# Struggling with skin tones!!!



## Emilymarie (Apr 23, 2011)

I have always had the hardest time getting even looking skin tones for every image in a session. The lightning for each image is totally different so how can I get this right? Is there some kinda of dropper in PS or PS RAW where I can sample a tone/color/exposure and apply that same to each image? But then if I did that then the tones might look to fake for whatever the lightning condition was. :banghead:


I know u hate links but Im in a hurry and dont have time to add 6 more images but you can see more images from this session Emily Marie Photography: Miss A to get more of idea what im talking about. 

SOOC






SOOC





This photographer took our pictures 2 years ago, I love all her work. All our skin tones are consistant!! UGH. How to I get that?
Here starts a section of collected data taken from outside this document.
-- ===== src/DepsLog/Rounds.antt =====
-- One round of the reader on each kind of record that the writer makes.
use siso.Common.{
  ℕ, suc, ◌+◌, ◌-◌, ◌*◌, ◌/◌, ◌%◌, ◌^◌, ◌≤◌, ◌<◌, ◌≡◌, refl, ap, ◌∙◌, true, false, List, [], ◌∷◌,
  ◌++◌, some, Bytes, leb, ◌==◌, Option-cases, inl, inr, length, map, length-append, All, arith,
}
use mathlib.Core.Path.{ap₂}
use siso.Common.Words.{word, sign_bit, put_word, length-put_word}
use siso.DepsLog.State.{update}
use siso.DepsLog.Reader.{
  max_record_size, words, resolve, from_words, read_deps_record, ReadState, next, count_update,
  use_deps, parsed, add_path, use_path, read_step,
}
use siso.DepsLog.Writer.{padding, path_record, put_words, as_int32, deps_record}
use siso.DepsLog.Codec.{
  IsStorable, path_body, length-path_body, read_step-framed, read_path_record-path_body,
}

words-put_word : (n : ℕ) (rest : Bytes) → n < word → words (put_word n ++ rest) ≡ n ∷ words rest
unfolding words put_word
words-put_word n rest lt =
    let e : n % 256
          + 256 * (n / 256 % 256)
          + 65536 * (n / 65536 % 256)
          + 16777216 * (n / 16777216 % 256)
        ≡ n =
      omega arith in
    rw e

words-put_words : (ns : List ℕ) → All (λ n. n < word) ns → words (put_words ns) ≡ ns
unfolding put_words
words-put_words [] h = unfold words in refl
words-put_words (n ∷ ns) h =
    words-put_word n (put_words ns) h.0 ∙ ap (λ t. n ∷ t) (words-put_words ns h.1)

length-put_words : (ns : List ℕ) → length (put_words ns) ≡ 4 * length ns
unfolding put_words
length-put_words [] = omega arith
length-put_words (n ∷ ns) =
    omega (arith, length-append (put_word n) (put_words ns), length-put_word n, length-put_words ns)

as_int32_bounded : (ns : List ℕ) → All (λ n. n < word) (map as_int32 ns)
as_int32_bounded [] = tt
as_int32_bounded (n ∷ ns) = (omega arith, as_int32_bounded ns)

-- Path ids that resolve are not negative, so writing them as int32 changes nothing.
resolve-tail :
    (id : ℕ) (ids : List ℕ) (paths deps : List Bytes)
    → resolve (id ∷ ids) paths ≡ some deps
    → (id < sign_bit) × ((ps : List Bytes) × (resolve ids paths ≡ some ps))
unfolding resolve
resolve-tail id ids paths deps h = elim (Option-cases (resolve ids paths)) [
  | inl e ↦ ground arith
  | inr (ps, e) ↦ (ground arith, (ps, e))
]

resolve-as_int32 :
    (ids : List ℕ) (paths deps : List Bytes)
    → resolve ids paths ≡ some deps
    → map as_int32 ids ≡ ids
resolve-as_int32 [] paths deps h = refl
resolve-as_int32 (id ∷ ids) paths deps h =
    let (lt, (ps, e)) = resolve-tail id ids paths deps h in
    ap₂ (λ a b. a ∷ b) (omega arith) (resolve-as_int32 ids paths ps e)

length-map {ℓ κ} :
    {A : Type ℓ} {B : Type κ} (xs : List A) (f : A → B) → length (map f xs) ≡ length xs
length-map [] f = refl
length-map (x ∷ xs) f = ap suc (length-map xs f)

-- A path record adds its path.
pub read_step-path_record :
    (p more : Bytes) (st : ReadState)
    → IsStorable p
    → length st.log.paths < sign_bit
    → read_step (path_record (length st.log.paths) p ++ more) st
      ≡ next more (record st { log = add_path p st.log })
unfolding path_record use_path
read_step-path_record p more st s lt =
    let n = length st.log.paths in
    let h = length p + padding (length p) + 4 in
    let len = length-path_body n p in
    let small : h ≤ max_record_size = s.fits in
    let plain : leb sign_bit h ≡ false = ground arith in
    read_step-framed h (path_body n p) more st (omega arith) (omega (arith, len))
      (omega (arith, len)) (omega (arith, len))
    ∙ rw (plain, read_path_record-path_body n p s lt) refl

-- The same, where the writer's count of paths is the reader's.
pub read_step-path_at :
    (n : ℕ) (p more : Bytes) (st : ReadState)
    → length st.log.paths ≡ n
    → IsStorable p
    → n < sign_bit
    → read_step (path_record n p ++ more) st ≡ next more (record st { log = add_path p st.log })
read_step-path_at n p more st e s lt = rw (← e) (read_step-path_record p more st s (omega arith))

abbrev deps_body : ℕ → ℕ → List ℕ → Bytes
deps_body i mtime ids =
    put_words (as_int32 i ∷ mtime % word ∷ as_int32 (mtime / word) ∷ map as_int32 ids)

read_deps_record-deps_body :
    (i mtime : ℕ) (ids : List ℕ) (paths deps : List Bytes)
    → i < sign_bit
    → mtime < 2 ^ 64
    → resolve ids paths ≡ some deps
    → read_deps_record (deps_body i mtime ids) paths
      ≡ parsed i (record { mtime = mtime; inputs = deps })
unfolding read_deps_record from_words
read_deps_record-deps_body i mtime ids paths deps lt fits h =
    let ns = as_int32 i ∷ mtime % word ∷ as_int32 (mtime / word) ∷ map as_int32 ids in
    let bounded : All (λ n. n < word) ns =
      (omega arith, (omega arith, (omega arith, as_int32_bounded ids))) in
    let same : as_int32 i ≡ i = omega arith in
    let time : mtime / word % word * word + mtime % word ≡ mtime = omega arith in
    rw (words-put_words ns bounded)
      (rw (resolve-as_int32 ids paths deps h, from_words, h) (rw (same, time) refl))

-- A deps record whose ids resolve updates the output's record.
pub read_step-deps_record :
    (i mtime : ℕ) (ids : List ℕ) (deps : List Bytes) (more : Bytes) (st : ReadState)
    → i < sign_bit
    → mtime < 2 ^ 64
    → 12 + 4 * length ids ≤ max_record_size
    → resolve ids st.log.paths ≡ some deps
    → read_step (deps_record i mtime ids ++ more) st
      ≡ count_update more st (update i (record { mtime = mtime; inputs = deps }) st.log)
unfolding deps_record use_deps
read_step-deps_record i mtime ids deps more st lt fits small h =
    let ns = as_int32 i ∷ mtime % word ∷ as_int32 (mtime / word) ∷ map as_int32 ids in
    let header = sign_bit + (12 + 4 * length ids) in
    let len : length (deps_body i mtime ids) ≡ 12 + 4 * length ids =
      omega (arith, length-put_words ns, length-map ids as_int32) in
    let high : leb sign_bit header ≡ true = ground arith in
    let other : (i == word - 1) ≡ false = ground arith in
    read_step-framed header (deps_body i mtime ids) more st (omega arith) (omega (arith, len))
      (omega (arith, len)) (omega (arith, len))
    ∙ rw (high, read_deps_record-deps_body i mtime ids st.log.paths deps lt fits h, other) refl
http://www.brookebeasleyblog.com/


----------



## KevinPutman (Apr 23, 2011)

I would recommend using the "Photo Filter" tool in PS. Just erase what doesn't look nice (the background), and they should add some nice tones to the skin.


----------



## KmH (Apr 23, 2011)

Use a gray card at least. You put the gray card in the first shot each time the lighting changes. Then that first image is used to correct all the photos made in that lighting using the White Balance tool in Camera Raw, or the gray dropper in Levels. Be sure and set the white and black points too while you're at it.

For people shots I also use a ColorChecker Passport: X-Rite ColorChecker Passport

I highly recommend this book: Real World Camera Raw with Adobe Photoshop CS5


----------



## clanthar (Apr 23, 2011)

You have your camera set to auto white balance. "Auto" white balance doesn't work. In the second of your two photos the entire image has a blue color cast. Open shade is blue and your camera's AWB setting failed to compensate for the light color.

Are you working with camera produced JPGs or RAW files? With RAW files you can alter the WB, with camera JPGs you have to correct the error.

As a rule of thumb human skin tone has a hue value that averages in the high teens to low twenties in the sRGB color space. Open Photoshop's color picker and eyedropper the color on your subjects forehead or cheek. If you get an H value in the single digits or over 30 you probably have trouble.

Back to the camera. Your camera has the ability to set a custom WB, that will solve your problem. Get a grey card or similar white balancing aid.

Joe


----------



## Stryker (Apr 23, 2011)

A grey card as suggested by KmH is best but if you don't have it yet, zoom in on the white part of the eye and use this as reference when using the White Balance tool in Camera Raw.


----------



## Emilymarie (Apr 23, 2011)

I have grey card but I'm not sure how to use it in RAW when I can only have one image opened at a time. If I use it at the shoot each time the  lightning changed won't I be using it several times since even walking a few feet from one lightning could be totally off??



I shoot RAW.


----------



## KmH (Apr 23, 2011)

You can open more than 1 photo at a time in Camera Raw, by using the shift key.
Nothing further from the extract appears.